The Trump administration failed to take a “hard look” at factors including the current, low price of oil, the cumulative effects of greenhouse gas emissions from Keystone and the Alberta Clipper pipeline, a survey of potential cultural resources along the route, and an updated assessment of potential oil spills, the judge ruled.

President Trump on Friday morning called the ruling “a political decision made by a judge. I think it’s a disgrace.” Trump added that the case will likely be appealed to the Ninth Circuit Court of Appeals and “we’re slowly putting new judges in the Ninth Circuit.” 

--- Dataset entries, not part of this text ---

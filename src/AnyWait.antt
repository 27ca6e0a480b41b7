-- ===== src/AnyWait.antt =====
-- `goAnyWait` of src/core.cpp: a journey for each handler, and a caller that goes on when one has ended.
pub mod First
mod Examples
use replob_prototype.Prelude.{
  ℕ, ◌+◌, ◌-◌, ◌%◌, ◌^◌, ◌<◌, ◌≡◌, ◌==◌, Bool, true, false, ltb, if◌then◌else◌, Option, none, some,
  List, [], ◌∷◌, ◌++◌, length, update,
}

-- The variables that the journeys share, the journey that has counted to one and has not yet called
-- `proceed`, and the calls of it. `running` tells which journeys have not ended their handlers, and
-- `finished` are those that ended them without an exception, in order.
pub record AnyWait : Type 0 where
  pub counter : ℕ
  pub index : ℕ
  pub winner : Option ℕ
  pub proceeds : ℕ
  pub running : ℕ → Bool
  pub finished : List ℕ

-- The start for a number of handlers; `index` is -1, as a size_t.
unfoldable pub begun : ℕ → AnyWait
begun n = record {
  counter = 0;
  index = 2 ^ 64 - 1;
  winner = none;
  proceeds = 0;
  running = λ i. ltb i n;
  finished = [];
}

-- `++*counter == 1` of the journey `i`, after its handler; `counter` is an int.
unfoldable pub count_up : ℕ → AnyWait → AnyWait
count_up i s = record s {
  counter = (s.counter + 1) % 2 ^ 32;
  winner = if (s.counter + 1) % 2 ^ 32 == 1 then some i else s.winner;
  running = update s.running i false;
  finished = s.finished ++ i ∷ [];
}

-- what it then does
unfoldable pub proceed : ℕ → AnyWait → AnyWait
proceed i s = record s { index = i; winner = none; proceeds = s.proceeds + 1 }

-- A handler that throws leaves its journey.
unfoldable pub throw : ℕ → AnyWait → AnyWait
throw i s = record s { running = update s.running i false }

-- There are fewer than 2^31 handlers.
pub data Step (s : AnyWait) : AnyWait → Type 0 where
  counts : (i : ℕ) → s.running i ≡ true → length s.finished + 1 < 2 ^ 31 → Step s (count_up i s)
  proceeds : (i : ℕ) → s.winner ≡ some i → Step s (proceed i s)
  throws : (i : ℕ) → s.running i ≡ true → Step s (throw i s)

pub data Reach (n : ℕ) : AnyWait → Type 0 where
  here : Reach n (begun n)
  next : {s t : AnyWait} → Reach n s → Step s t → Reach n t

TransCanada: Still Committed to Building Keystone XL

“This decision vindicates what we have been saying all along: Trump’s approval of this pipeline was illegal, violated environmental laws and was based upon fake facts,” said Tom Goldtooth, executive director for the Indigenous Environmental Network, one of several organizations who filed the suit against the U.S. government in 2017.

Terry Cunha, a spokesperson for the pipeline’s developer, TransCanada Corp., said the company is reviewing the ruling but plans to continue moving forward on the project. “We remain committed to building this important energy infrastructure project,” Cunha said.

Dena Hoff, a Montana farmer and member-leader of the Northern Plains Resource Council, called the judge’s latest ruling “a victory for common sense stewardship of the land and water.” 

“All Americans should be proud that our system of checks and balances can still function even in the face of enormous strains,” Hoff said.